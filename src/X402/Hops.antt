-- ===== src/X402/Hops.antt =====
-- The route /inject-forward-v1 of tools/x402-bridge/mesh-control.ts up to the cell that it injects:
-- it counts a hop for each of the two devices of the route, and builds the payload whose commitments
-- name what they are paid. SHA-256 and the clock are parameters.
pub mod Named
mod Examples
use semantos_edge.Base.{
  ℕ, ◌+◌, ◌*◌, ◌==◌, Bool, false, Option, none, some, List, [], ◌∷◌, if◌then◌else◌, Result, ok,
  thrown, ◌>>=◌,
}
use semantos_edge.Base.Map.{Str, get}
use semantos_edge.Templog.Text.{codes}
use semantos_edge.Cell.Wire.{type_hash}
use semantos_edge.X402.Channel.{ChannelState, accumulate_hop}
use semantos_edge.X402.Forward.{Commitment, encode_rule, build_forward_v1_payload}

-- FWD_V1_HOP_COST
abbrev pub hop_cost : ℕ
hop_cost = 10

-- What the source has counted for a device.
pub record Hop : Type 0 where
  pub seq : ℕ
  pub share : ℕ

-- fwdV1Ch
pub record Hops : Type 0 where
  pub b : Hop
  pub c : Hop

abbrev pub no_hops : Hops
no_hops = record { b = record { seq = 0; share = 0 }; c = record { seq = 0; share = 0 } }

abbrev pub count_hop : Hop → Hop
count_hop h = record { seq = h.seq + 1; share = h.share + hop_cost }

-- The names behind TYPES.
abbrev pub type_names : List (Str × Str)
type_names =
    (codes "heartbeat", codes "cellmesh.heartbeat.v0")
    ∷ (codes "tap", codes "cellmesh.tap.v0")
    ∷ (codes "scripted", codes "cellmesh.scripted.v0")
    ∷ (codes "rule", codes "cellmesh.rule.v0")
    ∷ (codes "forward", codes "cellmesh.forward.v0")
    ∷ (codes "forwardV1", codes "cellmesh.forward.v1")
    ∷ (codes "forwardV2", codes "cellmesh.forward.v2")
    ∷ (codes "routingContV0", codes "cellmesh.routing.cont.v0")
    ∷ (codes "capabilityV0", codes "cellmesh.capability.v0")
    ∷ (codes "channelSettle", codes "cellmesh.channel_settle.v0")
    ∷ []

-- MAC_B and MAC_C
abbrev pub route : List (List ℕ)
route =
    (0x58 ∷ 0xe6 ∷ 0xc5 ∷ 0x1a ∷ 0x8c ∷ 0x54 ∷ [])
    ∷ (0x58 ∷ 0xe6 ∷ 0xc5 ∷ 0x1a ∷ 0x8c ∷ 0xf8 ∷ [])
    ∷ []

-- The body of a request, and what the server holds when it comes: the clock, the channel and the
-- hash of its certificate. `certified` is whether the certificate was injected before, or its
-- injection does not throw.
pub record Request : Type 0 where
  pub hop_verb : Option ℕ
  pub trigger : Option Str
  pub blink_ms : Option ℕ
  pub now : ℕ
  pub channel_id : List ℕ
  pub cert_hash : Option (List ℕ)
  pub certified : Bool

-- A request is refused, throws, or has a payload to inject.
pub data Prepared : Type 0 where
  bad_trigger failed : Prepared
  sends : List ℕ → Prepared

unfoldable pub prepared : Result (List ℕ) → Prepared
prepared thrown = failed
prepared (ok p) = sends p

unfoldable pub given {ℓ} : {A : Type ℓ} → A → Option A → A
given d none = d
given d (some a) = a

unfoldable pub commitment : Request → Hop → Commitment
commitment r h = record {
  channel_id = r.channel_id;
  seq = h.seq;
  share = h.share;
  expiry_ms = 0x7fff_ffff_ffff_ffff;
  cert_hash = r.cert_hash;
}

module _ (sha256 : List ℕ → List ℕ) where
  -- TYPES[...], for a name that no object inherits
  unfoldable pub type_of : Option Str → Option (List ℕ)
  type_of none = none
  type_of (some name) = some (type_hash sha256 name)

  unfoldable pub rule_of : Request → Option (List ℕ) → Option (Result (List ℕ))
  rule_of r none = none
  rule_of r (some trig) = some (encode_rule trig (given 2000 r.blink_ms) none)

  -- The inner payload, or nothing where the trigger is none of the types.
  unfoldable pub inner_of : Request → Option (Result (List ℕ))
  inner_of r =
      if given 0 r.hop_verb == 2
      then rule_of r (type_of (get (given (codes "tap") r.trigger) type_names))
      else some (ok [])

  unfoldable pub hop_payload : Request → Hops → Option (Result (List ℕ)) → Prepared
  hop_payload r hops none = bad_trigger
  hop_payload r hops (some inner) = prepared (
      inner
      >>= build_forward_v1_payload sha256 r.now (given 0 r.hop_verb) route
          (commitment r hops.b ∷ commitment r hops.c ∷ []))

  -- Behind the certificate both hops are counted, and then the trigger is looked up.
  unfoldable pub prepare_v1 : Request → Hops → Prepared × Hops
  prepare_v1 r hops =
      let counted : Hops = record { b = count_hop hops.b; c = count_hop hops.c } in
      if r.certified then (hop_payload r counted (inner_of r), counted) else (failed, hops)

-- /inject-forward-v1-bad-key counts both hops too, behind its certificate.
unfoldable pub count_bad_key : Bool → Hops → Hops
count_bad_key certified hops =
    if certified then record { b = count_hop hops.b; c = count_hop hops.c } else hops

-- What changes the counts: a request for a forward.v1 cell or for one with a bad key, and a channel that
-- was opened, which sets them back.
pub data Event : Type 0 where
  forward : Request → Event
  bad_key : Bool → Event
  opened : Event

module _ (sha256 : List ℕ → List ℕ) where
  unfoldable pub after_event : Event → Hops → Hops
  after_event (forward r) hops = (prepare_v1 sha256 r hops).1
  after_event (bad_key certified) hops = count_bad_key certified hops
  after_event opened hops = no_hops

  unfoldable pub after_all : List Event → Hops → Hops
  after_all [] hops = hops
  after_all (e ∷ es) hops = after_all es (after_event e hops)

-- What follows the injection: an open channel counts both hops, and tells whether to settle.
unfoldable pub count_on_channel : Hops → Option ChannelState → Bool × Option ChannelState
count_on_channel hops none = (false, none)
count_on_channel hops (some ch) =
    if ch.settled
    then (false, some ch)
    else let counted = accumulate_hop ch (hop_cost * 2) 0 hops.b.seq in (counted.0, some counted.1)
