-- ===== src/X402/Hops/Named.antt =====
-- What the payloads of /inject-forward-v1 of tools/x402-bridge/mesh-control.ts name as the count and
-- the pay of each hop.
use mathlib.Core.Path.{subst, sym}
use semantos_edge.Base.{
  Bool, true, false, if◌then◌else◌, ℕ, ◌+◌, ◌*◌, ◌^◌, ◌≤◌, ◌<◌, ◌≡◌, refl, ap, ◌∙◌, ◌⊎◌, inl, inr,
  ◌==◌, Bool-cases, none, some, Option-cases, List, [], ◌∷◌, length, length-replicate, replicate,
  ok, arith,
}
use semantos_edge.Base.Map.{get}
use semantos_edge.Templog.Text.{codes}
use semantos_edge.Cell.Words.{read_u32}
use semantos_edge.Cell.Wire.{type_hash}
use semantos_edge.X402.Forward.Route.{route_bytes}
use semantos_edge.X402.Forward.Rules.{encode_rule-built}
use semantos_edge.X402.Forward.Bound.{v1_routed}
use semantos_edge.X402.Forward.Slots.{slot_words, read_u32-part}
use semantos_edge.X402.Hops.{
  count_hop, Prepared, Hops, no_hops, route, type_names, Request, bad_trigger, sends, given,
  commitment, type_of, rule_of, inner_of, hop_payload, prepared, prepare_v1, failed, count_bad_key,
  Event, forward, bad_key, opened, after_event, after_all,
}

-- The words of a payload that name the `n`th cell of both hops, and its pay.
pub record IsNamed (v : List ℕ) (n : ℕ) : Type 0 where
  pub seq_b : read_u32 v 64 ≡ n
  pub share_b : read_u32 v 68 ≡ 10 * n
  pub seq_c : read_u32 v 132 ≡ n
  pub share_c : read_u32 v 136 ≡ 10 * n

-- Both hops have `n` cells to their name.
record IsCounted (hops : Hops) (n : ℕ) : Type 0 where
  seq_b : hops.b.seq ≡ n
  share_b : hops.b.share ≡ 10 * n
  seq_c : hops.c.seq ≡ n
  share_c : hops.c.share ≡ 10 * n

-- The cells that were counted since the channel was opened last, of either route behind its
-- certificate, whether they were sent or refused.
abbrev pub cells_of : List Event → ℕ → ℕ
cells_of [] n = n
cells_of (forward r ∷ es) n = cells_of es (if r.certified then n + 1 else n)
cells_of (bad_key certified ∷ es) n = cells_of es (if certified then n + 1 else n)
cells_of (opened ∷ es) n = cells_of es 0

module _ (sha256 : List ℕ → List ℕ) where
  count_both-IsCounted :
      (hops : Hops) (n : ℕ)
      → IsCounted hops n
      → IsCounted (record { b = count_hop hops.b; c = count_hop hops.c }) (n + 1)
  count_both-IsCounted hops n k =
      let sb = k.seq_b in
      let hb = k.share_b in
      let sc = k.seq_c in
      let hc = k.share_c in
      record {
        seq_b = omega arith;
        share_b = omega arith;
        seq_c = omega arith;
        share_c = omega arith;
      }

  no_hops-IsCounted : IsCounted no_hops 0
  no_hops-IsCounted = record { seq_b = refl; share_b = refl; seq_c = refl; share_c = refl }

  IsCounted-if :
      (certified : Bool) (hops : Hops) (n : ℕ)
      → IsCounted hops n
      → IsCounted (count_bad_key certified hops) (if certified then n + 1 else n)
  unfolding count_bad_key
  IsCounted-if true hops n k = count_both-IsCounted hops n k
  IsCounted-if false hops n k = k

  prepare_v1-counts :
      (r : Request) (hops : Hops) → (prepare_v1 sha256 r hops).1 ≡ count_bad_key r.certified hops
  unfolding prepare_v1 count_bad_key
  prepare_v1-counts r hops = elim (Bool-cases r.certified) [ inl e ↦ rw e refl | inr e ↦ rw e refl ]

  after_all-IsCounted :
      (es : List Event) (hops : Hops) (n : ℕ)
      → IsCounted hops n
      → IsCounted (after_all sha256 es hops) (cells_of es n)
  unfolding after_all after_event
  after_all-IsCounted [] hops n k = k
  after_all-IsCounted (forward r ∷ es) hops n k = after_all-IsCounted es _ _ (
      subst (λ h. IsCounted h (if r.certified then n + 1 else n)) (sym (prepare_v1-counts r hops))
        (IsCounted-if r.certified hops n k))
  after_all-IsCounted (bad_key certified ∷ es) hops n k =
      after_all-IsCounted es _ _ (IsCounted-if certified hops n k)
  after_all-IsCounted (opened ∷ es) hops n k = after_all-IsCounted es _ _ no_hops-IsCounted

  -- A request is refused, or has an inner payload.
  inner_of-cases :
      ((bytes : List ℕ) → length (sha256 bytes) ≡ 32)
      → (r : Request)
      → (inner_of sha256 r ≡ none) ⊎ ((inner : List ℕ) × (inner_of sha256 r ≡ some (ok inner)))
  unfolding inner_of
  inner_of-cases long r = elim (Bool-cases (given 0 r.hop_verb == 2)) [
    | inr e ↦ inr ([], rw e refl)
    | inl e ↦ elim (Option-cases (get (given (codes "tap") r.trigger) type_names)) [
      | inl unknown ↦ inl (rw e (rw unknown (unfold type_of rule_of in refl)))
      | inr (name, known) ↦
          let size : length (type_hash sha256 name) ≡ 32 = unfold type_hash in long (name) in
          let built = encode_rule-built (type_hash sha256 name) (given 2000 r.blink_ms) none size in
          inr (built.0, rw e (rw known (unfold type_of rule_of in ap some built.1)))
    ]
  ]

  hop_payload-IsNamed :
      (r : Request) (hops : Hops) (inner : List ℕ) (n : ℕ)
      → IsCounted hops n
      → 10 * n < 2 ^ 32
      → (v : List ℕ) × (hop_payload sha256 r hops (some (ok inner)) ≡ sends v) × IsNamed v n
  unfolding hop_payload commitment
  hop_payload-IsNamed r hops inner n k small =
      let b = commitment r hops.b in
      let c = commitment r hops.c in
      let built = v1_routed route (b ∷ c ∷ []) sha256 r.now (given 0 r.hop_verb) inner in
      let v : List ℕ = built.0 in
      let z : List ℕ = replicate 296 0 in
      let sb = k.seq_b in
      let hb = k.share_b in
      let sc = k.seq_c in
      let hc = k.share_c in
      let words =
        slot_words (0x58 ∷ 0xe6 ∷ 0xc5 ∷ 0x1a ∷ 0x8c ∷ 0x54 ∷ [])
          (0x58 ∷ 0xe6 ∷ 0xc5 ∷ 0x1a ∷ 0x8c ∷ 0xf8 ∷ []) b c z (length-replicate {A = ℕ} 296 0)
          (omega arith) (omega arith) (omega arith) (omega arith) in
      let part : (i k : ℕ)
          → i ≡ 24 + k
          → k + 4 ≤ 296
          → read_u32 v i ≡ read_u32 (route_bytes route (b ∷ c ∷ []) z) k =
        λ i k e h. read_u32-part v 24 296 i k e h ∙ ap (λ t. read_u32 t k) built.2 in
      (
        v,
        ap prepared built.1 ∙ (unfold prepared in refl),
        record {
          seq_b = part 64 40 refl (omega arith) ∙ words.0 ∙ sb;
          share_b = part 68 44 refl (omega arith) ∙ words.1 ∙ hb;
          seq_c = part 132 108 refl (omega arith) ∙ words.2 ∙ sc;
          share_c = part 136 112 refl (omega arith) ∙ words.3 ∙ hc;
        },
      )

  prepare_v1-certified :
      (r : Request) (hops : Hops)
      → r.certified ≡ true
      → (prepare_v1 sha256 r hops).0
        ≡ hop_payload sha256 r
            (record { b = count_hop hops.b; c = count_hop hops.c })
            (inner_of sha256 r)
  unfolding prepare_v1
  prepare_v1-certified r hops e i =
      let counted : Hops = record { b = count_hop hops.b; c = count_hop hops.c } in
      let picked : Prepared × Hops =
        if e i
        then (hop_payload sha256 r counted (inner_of sha256 r), counted)
        else (failed, hops) in
      picked.0

  -- Where SHA-256 gives 32 bytes and the shares fit 32 bits, a request for a forward.v1 cell fails where
  -- its certificate cannot be injected, or is refused, since it is to install a rule on a trigger
  -- that is no type, or its payload names the `n + 1`th cell for both hops and a share of 10 for each
  -- of the `n + 1`, where `n` cells of this route and of that with a bad key were counted since the
  -- channel was opened last: the requests that were refused count among them.
  pub prepare_v1-IsNamed :
      ((bytes : List ℕ) → length (sha256 bytes) ≡ 32)
      → (es : List Event) (r : Request) → 10 * (cells_of es 0 + 1) < 2 ^ 32
      → ((r.certified ≡ false) × ((prepare_v1 sha256 r (after_all sha256 es no_hops)).0 ≡ failed))
        ⊎ (((inner_of sha256 r ≡ none)
              × ((prepare_v1 sha256 r (after_all sha256 es no_hops)).0 ≡ bad_trigger))
            ⊎ ((v : List ℕ) × ((prepare_v1 sha256 r (after_all sha256 es no_hops)).0 ≡ sends v)
                × IsNamed v (cells_of es 0 + 1)))
  prepare_v1-IsNamed long es r small =
      let hops : Hops = after_all sha256 es no_hops in
      let counted : Hops = record { b = count_hop hops.b; c = count_hop hops.c } in
      let n = cells_of es 0 in
      let now = count_both-IsCounted hops n (after_all-IsCounted es no_hops 0 no_hops-IsCounted) in
      elim (Bool-cases r.certified) [
        | inr e ↦ inl (e, (unfold prepare_v1 in rw e refl))
        | inl e ↦ elim (inner_of-cases long r) [
          | inl none_built ↦
              let told : hop_payload sha256 r counted (inner_of sha256 r) ≡ bad_trigger =
                rw none_built (unfold hop_payload in refl) in
              inr (inl (none_built, prepare_v1-certified r hops e ∙ told))
          | inr (inner, f) ↦
              let named = hop_payload-IsNamed r counted inner (n + 1) now small in
              let told : hop_payload sha256 r counted (inner_of sha256 r) ≡ sends named.0 =
                ap (hop_payload sha256 r counted) f ∙ named.1 in
              inr (inr (named.0, prepare_v1-certified r hops e ∙ told, named.2))
        ]
      ]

---+---

WHAT YOU SHOULD DO - The expected answer is a copy of each line above containing "ChannelState".

RESPONSE TO THIS EXERCISE -
use semantos_edge.X402.Channel.{ChannelState, accumulate_hop}
unfoldable pub count_on_channel : Hops → Option ChannelState → Bool × Option ChannelState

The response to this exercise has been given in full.